Often what we are searching for, and what someone wrote are very different. Consider the example of a computer processor. Say you work at Intel and someone asks how fast is the new Octium process. “Fast” could be the clock speed 6.2 Ghz or it could be the number of Petaflops, 1.7, or it could a multiple of the Pentium it replaced 9.5x.  In the docs it is unlikley that it says “Fast” anywhere on these metrics.

Natural Language Processing and Understanding solve this issue. When combing through the docs on the intranet, or the Internet the software indexes sentences that contain “speeds” this could be as Mhz, Ghz, Petaflops, Teraflops, or “9.5x the speed of”. There are dozens of way to say something is faster.

When results are returned the relevant sentences can be highlighted so that the person searching can pick with measure is most appropriate for their needs, but they don’t have to do a bunch of searches looking for things like “Octium Ghz” which isn’t “natural” at all.

This extends to non-technical searches as well. Consider asking “which presidents died in office.” To answer this question you have to look for presidents who have a year of death that matches the year their term ended. The ability to find this answer requires parsing either structured data, or structuring data from documents to then do the calculations against.

Currently Google can’t even distinguish between a question, and a phrase to be found. “Why does…” is not a phrase a users is seeking in a document, it is the preface to a question that they want answered. Without NLP answering direct questions is not possible.

Speaking the Same Language

Recognant is a solution for converting English in to intents and metrics for consumption by data processing, action systems, and query systems.

If you have someone who doesn’t speak the same language as you ask you a question, it doesn’t matter how smart you are you can’t help them.

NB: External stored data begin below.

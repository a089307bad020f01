-- ===== src/Thread/Operation.antt =====
-- The constructors of Operation, its release, and the methods that do not wait for a result.
pub mod Release
use caio.Base.{
  ltb, ◌==◌, if◌then◌else◌, is_none, length, take, replicate, ℤ, pos, negsuc, signed64, Ref, update,
  incref, decref, xdecref, visit, PyErr, runtime_error, value_error, system_error, memory_error,
  propagated, Result, ok, raise, Value, py_none, py_true, int, bytes, object, ℕ, Bool, not, ◌&&◌,
  Option, none, some, List, ◌++◌,
}
use caio.Thread.State.{
  Opcode, thaio_read, thaio_write, thaio_fsync, thaio_fdsync, Operation, blank, World, set_op, free,
  set_refs,
}

-- A read owns its block, which is freed; a write's buffer belongs to the bytes object.
abbrev clear_buffer : Opcode → Option Ref → World → World
clear_buffer thaio_read (some b) w = free b w
clear_buffer _ _ w = w

abbrev cleared_buf : Opcode → Option Ref → Option Ref
cleared_buf thaio_read b = none
cleared_buf _ b = b

-- AIOOperation_traverse: the objects that it shows to the collector.
unfoldable pub traverse : Operation → List Ref
traverse o = visit o.callback ++ visit o.py_buffer ++ visit o.ctx

-- AIOOperation_clear
unfoldable pub clear : Ref → World → World
clear p w =
    let o = w.ops p in
    let c = xdecref o.ctx (xdecref o.py_buffer (xdecref o.callback w.refs)) in
    let o' = record o {
      callback = none;
      py_buffer = none;
      buf = cleared_buf o.opcode o.buf;
      ctx = none;
    } in
    set_refs c (set_op p o' (clear_buffer o.opcode o.buf w))

-- AIOOperation_dealloc: the interpreter calls it when the last reference is dropped.
unfoldable pub dealloc : Ref → World → World
unfolding clear
dealloc p w = free p (clear p w)

-- What the interpreter's allocators answer: NULL is `none`.
pub record Alloc : Type 0 where
  -- `type->tp_alloc`
  pub object : Option Ref
  -- `PyMem_Calloc` of so many bytes
  pub calloc : ℕ → Option Ref
  -- `PyMemoryView_FromMemory`
  pub view : Option Ref

-- The arguments as `PyArg_ParseTupleAndKeywords` leaves them: a `uint64_t`, an `unsigned int`, and
-- a `long long` where one is given.
pub record ReadArgs : Type 0 where
  pub nbytes : ℕ
  pub fileno : ℕ
  pub offset : Option ℤ

-- `payload` is the object passed for `payload_bytes`, with its content if it is a bytes object;
-- `converts` says whether `PyBytes_AsStringAndSize` succeeds.
pub record WriteArgs : Type 0 where
  pub payload : Ref
  pub content : Option (List ℕ)
  pub converts : Bool
  pub fileno : ℕ
  pub offset : Option ℤ

abbrev pub offset_or_zero : Option ℤ → ℤ
offset_or_zero none = pos 0
offset_or_zero (some o) = o

-- A new object has one reference, so `Py_DECREF(self)` on an error path ends it.
abbrev fail : PyErr → Ref → World → Result Ref × World
fail e p w = (raise e, dealloc p (set_refs (decref p w.refs) w))

abbrev allocated : Ref → Operation → World → World
allocated p o w = set_refs (update w.refs p 1) (set_op p o w)

read_view : Ref → Operation → Option Ref → World → Result Ref × World
read_view p o none w = fail propagated p (set_op p o w)
read_view p o (some v) w =
    (ok p, set_refs (update w.refs v 1) (set_op p (record o { py_buffer = some v }) w))

abbrev zeroed : Option Ref → ℕ → World → World
zeroed none n w = w
zeroed (some b) n w = record w { blocks = update w.blocks b (replicate n 0) }

read_parsed : Alloc → Ref → Option ReadArgs → World → Result Ref × World
unfolding read_view
read_parsed a p none w = fail propagated p w
read_parsed a p (some args) w =
    let o = record blank { fileno = args.fileno; offset = offset_or_zero args.offset } in
    let b = a.calloc args.nbytes in
    if is_none b && ltb 0 args.nbytes
    then fail memory_error p (set_op p o w)
    else read_view p (record o { buf = b; buf_size = signed64 args.nbytes }) a.view
        (zeroed b args.nbytes w)

-- AIOOperation_read
unfoldable pub read : Alloc → Option ReadArgs → World → Result Ref × World
unfolding read_parsed
read a args w = elim a.object [
  | none ↦ (raise memory_error, w)
  | some p ↦ read_parsed a p args (allocated p blank w)
]

write_bytes : Ref → WriteArgs → List ℕ → Operation → World → Result Ref × World
write_bytes p args bs o w =
    let o' = record o {
      buf = some args.payload;
      buf_size = pos (length bs);
      py_buffer = some args.payload;
    } in
    if args.converts
    then (ok p, set_refs (incref args.payload w.refs) (set_op p o' w))
    else fail (runtime_error "Can not convert bytes to c string") p (set_op p o w)

write_parsed : Ref → Option WriteArgs → World → Result Ref × World
unfolding write_bytes
write_parsed p none w = fail propagated p w
write_parsed p (some args) w =
    let o = record blank { fileno = args.fileno; offset = offset_or_zero args.offset } in
    elim args.content [
      | none ↦ fail (value_error "payload_bytes argument must be bytes") p (set_op p o w)
      | some bs ↦ write_bytes p args bs (record o { opcode = thaio_write }) w
    ]

-- AIOOperation_write. `buf` is the address of the payload's bytes, which stand under its own.
unfoldable pub write : Alloc → Option WriteArgs → World → Result Ref × World
unfolding write_parsed
write a args w = elim a.object [
  | none ↦ (raise memory_error, w)
  | some p ↦ write_parsed p args (allocated p blank w)
]

abbrev sync_parsed : Opcode → Ref → Option ℕ → World → Result Ref × World
sync_parsed c p none w = fail propagated p w
sync_parsed c p (some fd) w = (ok p, set_op p (record blank { fileno = fd; opcode = c }) w)

-- AIOOperation_fsync and AIOOperation_fdsync, which differ in the opcode alone.
unfoldable pub fsync : Alloc → Option ℕ → World → Result Ref × World
fsync a args w = elim a.object [
  | none ↦ (raise memory_error, w)
  | some p ↦ sync_parsed thaio_fsync p args (allocated p blank w)
]

unfoldable pub fdsync : Alloc → Option ℕ → World → Result Ref × World
fdsync a args w = elim a.object [
  | none ↦ (raise memory_error, w)
  | some p ↦ sync_parsed thaio_fdsync p args (allocated p blank w)
]

-- AIOOperation_set_callback: the argument is `none` if it was not parsed, and the test is
-- `PyCallable_Check`.
unfoldable pub set_callback : Ref → (Ref → Bool) → Option Ref → World → Result Value × World
set_callback p callable none w = (raise propagated, w)
set_callback p callable (some f) w =
    let o = w.ops p in
    if callable f
    then (
      ok py_true,
      set_refs (xdecref o.callback (incref f w.refs)) (set_op p (record o { callback = some f }) w),
    )
    else (raise (value_error "object is not callable"), w)

-- AIOOperation_get_value
abbrev pub in_flight : Operation → Bool
in_flight o = o.in_progress && not o.done

-- `PyBytes_FromStringAndSize` refuses a negative size.
abbrev bytes_of : List ℕ → ℤ → Result Value
bytes_of bs (pos n) = ok (bytes (take n bs))
bytes_of bs (negsuc n) = raise propagated

abbrev value_of : (Ref → List ℕ) → Operation → Result Value
value_of blocks o = elim o.opcode [
  | thaio_read ↦ elim o.buf [ none ↦ ok py_none | some b ↦ bytes_of (blocks b) o.buf_size ]
  | thaio_write ↦ ok (int o.result)
  | _ ↦ ok py_none
]

unfoldable pub get_value : Ref → World → Result Value
get_value p w =
    let o = w.ops p in
    if in_flight o
    then raise (runtime_error "get_value() is not available while the operation is in flight")
    else if o.error == 0
    then value_of w.blocks o
    else raise (system_error o.error)

-- AIOOperation_payload_getter
unfoldable pub payload : Ref → World → Result Value × World
payload p w =
    let o = w.ops p in
    if in_flight o
    then (raise (runtime_error "payload is not available while the operation is in flight"), w)
    else elim o.py_buffer [
      | none ↦ (ok py_none, w)
      | some b ↦ (ok (object b), set_refs (incref b w.refs) w)
    ]
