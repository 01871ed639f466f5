-- ===== src/Timer/Order.antt =====
-- The order of the set of timers, and that insert and remove keep it.
use cpp_linux_server.Base.{
  ℕ, ◌≡◌, ◌≢◌, refl, List, [], ◌∷◌, true, false, ◌==◌, arith, All, Bool-cases, inl, inr, ==_iff,
}
use cpp_linux_server.Timer.{Timer, Heap, store, earlier, less, insert}

earlier_trans :
    (n a m b k c : ℕ) → earlier n a m b ≡ true → earlier m b k c ≡ true → earlier n a k c ≡ true
earlier_trans n a m b k c p q = ground arith

earlier_total : (n a m b : ℕ) → a ≢ b → earlier n a m b ≡ false → earlier m b n a ≡ true
earlier_total n a m b d p = ground arith

-- Each timer before all that follow it.
abbrev pub Sorted : Heap → List ℕ → Type 0
Sorted h [] = Unit {0}
Sorted h (a ∷ xs) = All (λ b. less h a b ≡ true) xs × Sorted h xs

pub store_same : (h : Heap) (a : ℕ) (t : Timer) → store h a t a ≡ t
store_same h a t = rw ((==_iff a a).1 refl) refl

pub store_other : (h : Heap) (a b : ℕ) (t : Timer) → b ≢ a → store h a t b ≡ h b
store_other h a b t d = elim (Bool-cases (b == a)) [
  | inl e ↦ absurd (d ((==_iff b a).0 e))
  | inr e ↦ rw e refl
]

pub All-imp {ℓ κ} :
    {P : ℕ → Type ℓ} {Q : ℕ → Type κ} (xs : List ℕ) → ((x : ℕ) → P x → Q x) → All P xs → All Q xs
All-imp [] f h = tt
All-imp (x ∷ xs) f h = (f x h.0, All-imp xs f h.1)

pub All-insert {ℓ} :
    (P : ℕ → Type ℓ) (h : Heap) (a : ℕ) (xs : List ℕ) → P a → All P xs → All P (insert h a xs)
unfolding insert
All-insert P h a [] p q = (p, tt)
All-insert P h a (b ∷ bs) p q = elim (Bool-cases (less h a b)) [
  | inl e ↦ rw e (p, q)
  | inr e ↦ elim (Bool-cases (less h b a)) [
    | inl f ↦ rw (e, f) (q.0, All-insert P h a bs p q.1)
    | inr f ↦ rw (e, f) q
  ]
]

pub insert-Sorted :
    (h : Heap) (a : ℕ) (xs : List ℕ) → All (λ b. a ≢ b) xs → Sorted h xs → Sorted h (insert h a xs)
unfolding insert
insert-Sorted h a [] d s = (tt, tt)
insert-Sorted h a (b ∷ bs) d s = elim (Bool-cases (less h a b)) [
  | inl e ↦
      rw e
        ((e, All-imp bs (λ c q. earlier_trans (h a).next a (h b).next b (h c).next c e q) s.0), s)
  | inr e ↦
      let f : less h b a ≡ true = earlier_total (h a).next a (h b).next b d.0 e in
      rw (e, f) (All-insert (λ c. less h b c ≡ true) h a bs f s.0, insert-Sorted h a bs d.1 s.1)
]

-- A change at an address that is not in the set.
pub store-Sorted :
    (h : Heap) (a : ℕ) (t : Timer) (xs : List ℕ)
    → All (λ b. b ≢ a) xs
    → Sorted h xs
    → Sorted (store h a t) xs
store-Sorted h a t [] d s = tt
store-Sorted h a t (b ∷ bs) d s = (go bs d.1 s.0, store-Sorted h a t bs d.1 s.1)
  where
    go :
        (cs : List ℕ)
        → All (λ c. c ≢ a) cs
        → All (λ c. less h b c ≡ true) cs
        → All (λ c. less (store h a t) b c ≡ true) cs
    go [] d' s' = tt
    go (c ∷ cs) d' s' =
        (rw (store_other h a b t d.0, store_other h a c t d'.0) s'.0, go cs d'.1 s'.1)
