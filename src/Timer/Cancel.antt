-- ===== src/Timer/Cancel.antt =====
-- Timer::cancel: what it removes, and a second call.
use cpp_linux_server.Base.{
  ℕ, ◌≡◌, refl, ap, ◌∙◌, List, [], ◌∷◌, ◌++◌, true, false, ◌==◌, none, some, arith, All, Bool-cases,
  inl, inr, subst, ==_iff,
}
use cpp_linux_server.Timer.{Timer, Heap, store, earlier, less, remove, TimerManager, cancel}
use cpp_linux_server.Timer.Order.{Sorted, store_same}

earlier_asym : (n a m b : ℕ) → earlier n a m b ≡ true → earlier m b n a ≡ false
earlier_asym n a m b p = ground arith

earlier_self : (n a : ℕ) → earlier n a n a ≡ false
earlier_self n a = ground arith

-- The timers before `a` come first in the order.
All-before :
    (h : Heap) (b a : ℕ) (ls rs : List ℕ)
    → All (λ c. less h b c ≡ true) (ls ++ (a ∷ rs))
    → less h b a ≡ true
All-before h b a [] rs p = p.0
All-before h b a (l ∷ ls) rs p = All-before h b a ls rs p.1

remove-append :
    (h : Heap) (a : ℕ) (ls rs : List ℕ)
    → Sorted h (ls ++ (a ∷ rs))
    → remove h a (ls ++ (a ∷ rs)) ≡ some (ls ++ rs)
unfolding remove
remove-append h a [] rs s = rw (earlier_self (h a).next a) refl
remove-append h a (l ∷ ls) rs s =
    let e : less h l a ≡ true = All-before h l a ls rs s.0 in
    rw (e, earlier_asym (h l).next l (h a).next a e, remove-append h a ls rs s.1) refl

All-without : (P : ℕ → Type 0) (a : ℕ) (ls rs : List ℕ) → All P (ls ++ (a ∷ rs)) → All P (ls ++ rs)
All-without P a [] rs p = p.1
All-without P a (l ∷ ls) rs p = (p.0, All-without P a ls rs p.1)

Sorted-without :
    (h : Heap) (a : ℕ) (ls rs : List ℕ) → Sorted h (ls ++ (a ∷ rs)) → Sorted h (ls ++ rs)
Sorted-without h a [] rs s = s.1
Sorted-without h a (l ∷ ls) rs s =
    (All-without (λ b. less h l b ≡ true) a ls rs s.0, Sorted-without h a ls rs s.1)

-- Heaps with the same times have the same order.
Sorted-same :
    (g h : Heap) (xs : List ℕ) → ((b : ℕ) → (g b).next ≡ (h b).next) → Sorted h xs → Sorted g xs
Sorted-same g h [] e s = tt
Sorted-same g h (x ∷ xs) e s = (go xs s.0, Sorted-same g h xs e s.1)
  where
    go : (ys : List ℕ) → All (λ b. less h x b ≡ true) ys → All (λ b. less g x b ≡ true) ys
    go [] p = tt
    go (y ∷ ys) p = (rw (e x, e y) p.0, go ys p.1)

silent_next : (h : Heap) (a b : ℕ) → (store h a (record (h a) { cb = none }) b).next ≡ (h b).next
silent_next h a b = elim (Bool-cases (b == a)) [
  | inl e ↦
      let same : b ≡ a = (==_iff b a).0 e in
      rw same (ap (λ (t : Timer). t.next) (store_same h a (record (h a) { cb = none })))
  | inr e ↦ rw e refl
]

cancel-none : (a : ℕ) (m : TimerManager) → (m.heap a).cb ≡ none → cancel a m ≡ some (false, m)
unfolding cancel
cancel-none a m c = rw (c, cancel) refl

cancel-some :
    (a f : ℕ) (xs : List ℕ) (m : TimerManager)
    → (m.heap a).cb ≡ some f
    → remove (store m.heap a (record (m.heap a) { cb = none })) a m.timers ≡ some xs
    → cancel a m
      ≡ some
          (true, record m { heap = store m.heap a (record (m.heap a) { cb = none }); timers = xs })
unfolding cancel
cancel-some a f xs m c e = rw (c, cancel) (rw e refl)

-- cancel of a timer that is in the set, in order, and has a callback: it returns true, takes that
-- timer and no other out of the set, which stays in order; and a second cancel returns false and
-- changes nothing.
pub cancel_lem :
    (a f : ℕ) (ls rs : List ℕ) (m : TimerManager)
    → m.timers ≡ ls ++ (a ∷ rs)
    → Sorted m.heap m.timers
    → (m.heap a).cb ≡ some f
    → (m' : TimerManager) × (cancel a m ≡ some (true, m'))
      × (m'.timers ≡ ls ++ rs)
      × Sorted m'.heap m'.timers
      × (cancel a m' ≡ some (false, m'))
cancel_lem a f ls rs m e s c =
    let g : Heap = store m.heap a (record (m.heap a) { cb = none }) in
    let m' : TimerManager = record m { heap = g; timers = ls ++ rs } in
    let order : Sorted g (ls ++ (a ∷ rs)) =
      Sorted-same g m.heap (ls ++ (a ∷ rs)) (silent_next m.heap a)
        (subst (λ xs. Sorted m.heap xs) e s) in
    let gone : remove g a m.timers ≡ some (ls ++ rs) =
      ap (λ xs. remove g a xs) e ∙ remove-append g a ls rs order in
    (
      m',
      cancel-some a f (ls ++ rs) m c gone,
      refl,
      Sorted-without g a ls rs order,
      cancel-none a m'
          (ap (λ (t : Timer). t.cb) (store_same m.heap a (record (m.heap a) { cb = none }))),
    )
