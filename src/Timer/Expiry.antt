-- ===== src/Timer/Expiry.antt =====
-- listExpiredCb: which timers expire, what is called, and what the set is afterwards.
use cpp_linux_server.Base.{
  ℕ, suc, ◌+◌, ◌%◌, ◌^◌, ◌≤◌, ◌<◌, ◌≡◌, ◌≢◌, refl, sym, ap, ◌∙◌, List, [], ◌∷◌, ◌++◌, map, Bool,
  true, false, ◌==◌, if◌then◌else◌, Option, none, arith, All, Bool-cases, inl, inr, subst, ==_iff,
  lt→ltb, le→ltb, le-cases,
}
use cpp_linux_server.Timer.{
  Timer, Heap, store, earlier, less, insert, TimerManager, take_equal, split_expired, fire, due,
  expire, detect_clock_rollover, list_expired_cb,
}
use cpp_linux_server.Timer.Order.{
  Sorted, store_other, All-imp, All-insert, insert-Sorted, store-Sorted,
}

-- The timers up to `now` and those after it, in order.
pub record Split (h : Heap) (now : ℕ) (xs expired rest : List ℕ) : Type 0 where
  pub whole : expired ++ rest ≡ xs
  pub past : All (λ a. (h a).next ≤ now) expired
  pub future : All (λ a. now < (h a).next) rest

earlier-false : (n a m b : ℕ) → earlier n a m b ≡ false → m ≤ n
earlier-false n a m b p = ground arith

earlier-true : (n a m b : ℕ) → earlier n a m b ≡ true → n ≤ m
earlier-true n a m b p = ground arith

Split-keep :
    (h : Heap) (now a : ℕ) (xs l r : List ℕ)
    → (h a).next ≤ now
    → Split h now xs l r
    → Split h now (a ∷ xs) (a ∷ l) r
Split-keep h now a xs l r e s = record {
  whole = ap (λ (ys : List ℕ). a ∷ ys) s.whole;
  past = (e, s.past);
  future = s.future;
}

-- From the first timer on that is not before `now`, the rest is not.
from_then :
    (h : Heap) (k a : ℕ) (xs : List ℕ)
    → k ≤ (h a).next
    → All (λ b. less h a b ≡ true) xs
    → All (λ b. k ≤ (h b).next) xs
from_then h k a xs e s =
    All-imp xs (λ b l. omega (arith, earlier-true (h a).next a (h b).next b l)) s

take_equal_lem :
    (h : Heap) (now : ℕ) (xs : List ℕ)
    → Sorted h xs
    → All (λ a. now ≤ (h a).next) xs
    → Split h now xs (take_equal h now xs).0 (take_equal h now xs).1
unfolding take_equal
take_equal_lem h now [] s f = record { whole = refl; past = tt; future = tt }
take_equal_lem h now (a ∷ xs) s f = elim (Bool-cases ((h a).next == now)) [
  | inl e ↦
      let same : (h a).next ≡ now = (==_iff (h a).next now).0 e in
      rw e (
        Split-keep h now a xs (take_equal h now xs).0 (take_equal h now xs).1 (omega arith)
          (take_equal_lem h now xs s.1 f.1))
  | inr e ↦
      let later : suc now ≤ (h a).next = ground arith in
      rw e
        (record { whole = refl; past = tt; future = (later, from_then h (suc now) a xs later s.0) })
]

split_expired_lem :
    (h : Heap) (now probe : ℕ) (xs : List ℕ)
    → Sorted h xs
    → Split h now xs (split_expired h now probe xs).0 (split_expired h now probe xs).1
unfolding split_expired
split_expired_lem h now probe [] s = record { whole = refl; past = tt; future = tt }
split_expired_lem h now probe (a ∷ xs) s = elim (Bool-cases (earlier (h a).next a now probe)) [
  | inl e ↦ rw e (
      Split-keep h now a xs (split_expired h now probe xs).0 (split_expired h now probe xs).1
        (earlier-true (h a).next a now probe e) (split_expired_lem h now probe xs s.1))
  | inr e ↦
      let here : now ≤ (h a).next = earlier-false (h a).next a now probe e in
      rw e (take_equal_lem h now (a ∷ xs) s (here, from_then h now a xs here s.0))
]

-- No timer of the one list is in the other.
abbrev Apart : List ℕ → List ℕ → Type 0
Apart xs ys = All (λ x. All (λ y. x ≢ y) ys) xs

less-differ : (h : Heap) (a b : ℕ) → less h a b ≡ true → a ≢ b
less-differ h a b e d = absurd (ground (arith, ap (λ x. less h a x) d))

All-split {ℓ} : (P : ℕ → Type ℓ) (xs ys : List ℕ) → All P (xs ++ ys) → All P xs × All P ys
All-split P [] ys p = (tt, p)
All-split P (x ∷ xs) ys p = let (l, r) = All-split P xs ys p.1 in ((p.0, l), r)

Sorted-split :
    (h : Heap) (xs ys : List ℕ) → Sorted h (xs ++ ys) → Sorted h xs × Sorted h ys × Apart xs ys
Sorted-split h [] ys s = (tt, s, tt)
Sorted-split h (x ∷ xs) ys s =
    let (l, r) = All-split (λ y. less h x y ≡ true) xs ys s.0 in
    let (s₁, s₂, d) = Sorted-split h xs ys s.1 in
    ((l, s₁), s₂, (All-imp ys (λ y e. less-differ h x y e) r, d))

callbacks-store :
    (h : Heap) (a : ℕ) (t : Timer) (xs : List ℕ)
    → All (λ b. b ≢ a) xs
    → map (λ b. (store h a t b).cb) xs ≡ map (λ b. (h b).cb) xs
callbacks-store h a t [] d = refl
callbacks-store h a t (b ∷ xs) d =
    rw (store_other h a b t d.0)
      (ap (λ (ys : List (Option ℕ)). (h b).cb ∷ ys) (callbacks-store h a t xs d.1))

-- What the loop over the expired timers leaves.
abbrev Fired : ℕ → List ℕ → Heap → List ℕ → List (Option ℕ) × (Heap × List ℕ) → Type 0
Fired now xs h ts r = (r.0 ≡ map (λ b. (h b).cb) xs) × Sorted r.1.0 r.1.1

apart_sym : (a : ℕ) (xs : List ℕ) → All (λ b. a ≢ b) xs → All (λ b. b ≢ a) xs
apart_sym a xs d = All-imp xs (λ b n e. n (sym e)) d

either :
    (b : Bool) (cs : List (Option ℕ)) (p q : List (Option ℕ) × (Heap × List ℕ))
    → (p.0 ≡ cs) × Sorted p.1.0 p.1.1
    → (q.0 ≡ cs) × Sorted q.1.0 q.1.1
    → ((if b then p else q).0 ≡ cs) × Sorted (if b then p else q).1.0 (if b then p else q).1.1
either true cs p q x y = x
either false cs p q x y = y

fire-Fired :
    (now : ℕ) (xs : List ℕ) (h : Heap) (ts : List ℕ)
    → Sorted h xs
    → Sorted h ts
    → Apart xs ts
    → Fired now xs h ts (fire now xs h ts)
unfolding fire
fire-Fired now [] h ts s₁ s₂ d = (refl, s₂)
fire-Fired now (a ∷ xs) h ts s₁ s₂ d =
    let others : All (λ b. b ≢ a) xs = All-imp xs (λ b e q. less-differ h a b e (sym q)) s₁.0 in
    let again : Timer = record (h a) { next = (now + (h a).ms) % 2 ^ 64 } in
    let over : Timer = record (h a) { cb = none } in
    let g : Heap = store h a again in
    let k : Heap = store h a over in
    let (c, s) =
      fire-Fired now xs g (insert g a ts) (store-Sorted h a again xs others s₁.1)
        (insert-Sorted g a ts d.0 (store-Sorted h a again ts (apart_sym a ts d.0) s₂))
        (apart_insert g ts xs others d.1) in
    let (c', s') =
      fire-Fired now xs k ts (store-Sorted h a over xs others s₁.1)
        (store-Sorted h a over ts (apart_sym a ts d.0) s₂) d.1 in
    let rest : List (Option ℕ) = map (λ b. (h b).cb) xs in
    let (e, f) =
      either (h a).recurring rest (fire now xs g (insert g a ts)) (fire now xs k ts)
        (c ∙ callbacks-store h a again xs others, s)
        (c' ∙ callbacks-store h a over xs others, s') in
    (ap (λ (ys : List (Option ℕ)). (h a).cb ∷ ys) e, f)
  where
    apart_insert :
        (g : Heap) (ts xs : List ℕ) → All (λ b. b ≢ a) xs → Apart xs ts → Apart xs (insert g a ts)
    apart_insert g ts [] o d = tt
    apart_insert g ts (x ∷ xs) o d =
        (All-insert (λ y. x ≢ y) g a ts o.0 d.0, apart_insert g ts xs o.1 d.1)

detect-Sorted :
    (now : ℕ) (m : TimerManager)
    → Sorted m.heap m.timers
    → Sorted (detect_clock_rollover now m).1.heap (detect_clock_rollover now m).1.timers
unfolding detect_clock_rollover
detect-Sorted now m s = s

expire_lem :
    (now probe : ℕ) (m m' : TimerManager) (xs : List ℕ)
    → Sorted m.heap xs
    → Sorted m.heap m.timers
    → Sorted m'.heap m'.timers
    → (expired : List ℕ) × (rest : List ℕ) × Split m.heap now xs expired rest
      × ((expire false now probe m m' xs).0 ≡ map (λ a. (m.heap a).cb) expired)
      × Sorted (expire false now probe m m' xs).1.heap (expire false now probe m m' xs).1.timers
unfolding expire due
expire_lem now probe m m' [] s t t' =
    ([], [], record { whole = refl; past = tt; future = tt }, refl, t)
expire_lem now probe m m' (a ∷ xs) s t t' = elim (le-cases (m.heap a).next now) [
  | inr later ↦ rw (lt→ltb now (m.heap a).next later) (
    [],
    a ∷ xs,
    record { whole = refl; past = tt; future = (later, from_then m.heap (suc now) a xs later s.0) },
    refl,
    t',
  )
  | inl past ↦
      let r : List ℕ × List ℕ = split_expired m.heap now probe (a ∷ xs) in
      let split : Split m.heap now (a ∷ xs) r.0 r.1 =
        split_expired_lem m.heap now probe (a ∷ xs) s in
      let (s₁, s₂, d) =
        Sorted-split m.heap r.0 r.1 (subst (λ ys. Sorted m.heap ys) (sym split.whole) s) in
      let (c, s₃) = fire-Fired now r.0 m.heap r.1 s₁ s₂ d in
      rw (le→ltb now (m.heap a).next past) (r.0, r.1, split, c, s₃)
]

-- listExpiredCb of a set in order, where the clock has not gone back by more than an hour: it calls
-- the callbacks of exactly the timers with m_next up to `now`, in the order of the set, and the set
-- that it leaves is in order.
pub list_expired_cb_lem :
    (now probe : ℕ) (m : TimerManager)
    → Sorted m.heap m.timers
    → (detect_clock_rollover now m).0 ≡ false
    → (expired : List ℕ) × (rest : List ℕ) × Split m.heap now m.timers expired rest
      × ((list_expired_cb now probe m).0 ≡ map (λ a. (m.heap a).cb) expired)
      × Sorted (list_expired_cb now probe m).1.heap (list_expired_cb now probe m).1.timers
unfolding list_expired_cb
list_expired_cb_lem now probe m s e =
    rw e
      (expire_lem now probe m (detect_clock_rollover now m).1 m.timers s s (detect-Sorted now m s))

This is the problem facing everyone working on AI, Data Mining, Search, and Voice Interfaces. The computer can’t understand what you are asking, all the data on the web, or even a simple command, because it doesn’t “speak” English.

You can’t have cognitive computing without Natural Language Processing and Understanding. For a computer to give a cognitive response it needs to be able to parse the language. Every single one of our competitors is using a language engine that is more than 30 years old and has “topped out” on how far it can go, and is lacking. Our engine is just getting started and surpasses the old engines in many ways already. Our NLP is based on Cognitive Theories and this makes us uniquely positioned to have a huge impact on the field.

One of our favorite stories about why Recognant exists is told by our CTO:

AI and Deep Learning can’t happen without NLP/NLU. IBM’s Watson, Microsoft’s Cortana Predictions, use a small amount of NLP, but for the most part they work like Google and just look at key phrases, and do N-Gram Analysis.

Philosophiae Naturalis Principia Mathematica
Philosophiae Naturalis Principia Mathematica

I have a copy of Philosophiae Naturalis Principia Mathematica by Sir Isaac Newton on my night stand. It is in Latin.

About once a month someone picks it up and says “What’s that?”

And I resist the urge to say “As the most famous work in the history of the physical sciences there is little need to summarize the contents.” (J. Norman, 2006)

And instead I say “That is the book that every mathematician and scientist who has ever done something great in the past 200 years read.”

Then they say “It’s not in English.”

And I say “Nope.”

And then I say, “That’s a reminder of why I don’t have to fear computers for a while. I am seemingly the only person working to teach computers enough English that they can learn from the most important books in the history of mankind.”

And then they say, “But this is in Latin.”

And I say, “There is a good translation of almost everything worth reading in to English.”

And they say “Oh, I don’t get it”

Most people don’t get it. It seems obvious once you really point it out, but language is so fundamental to everything we do, and the fact that computers are constantly displaying things we can read, and Siri talks to us, that people don’t really think about how all that unstructured data in the world is completely inaccessible to computers.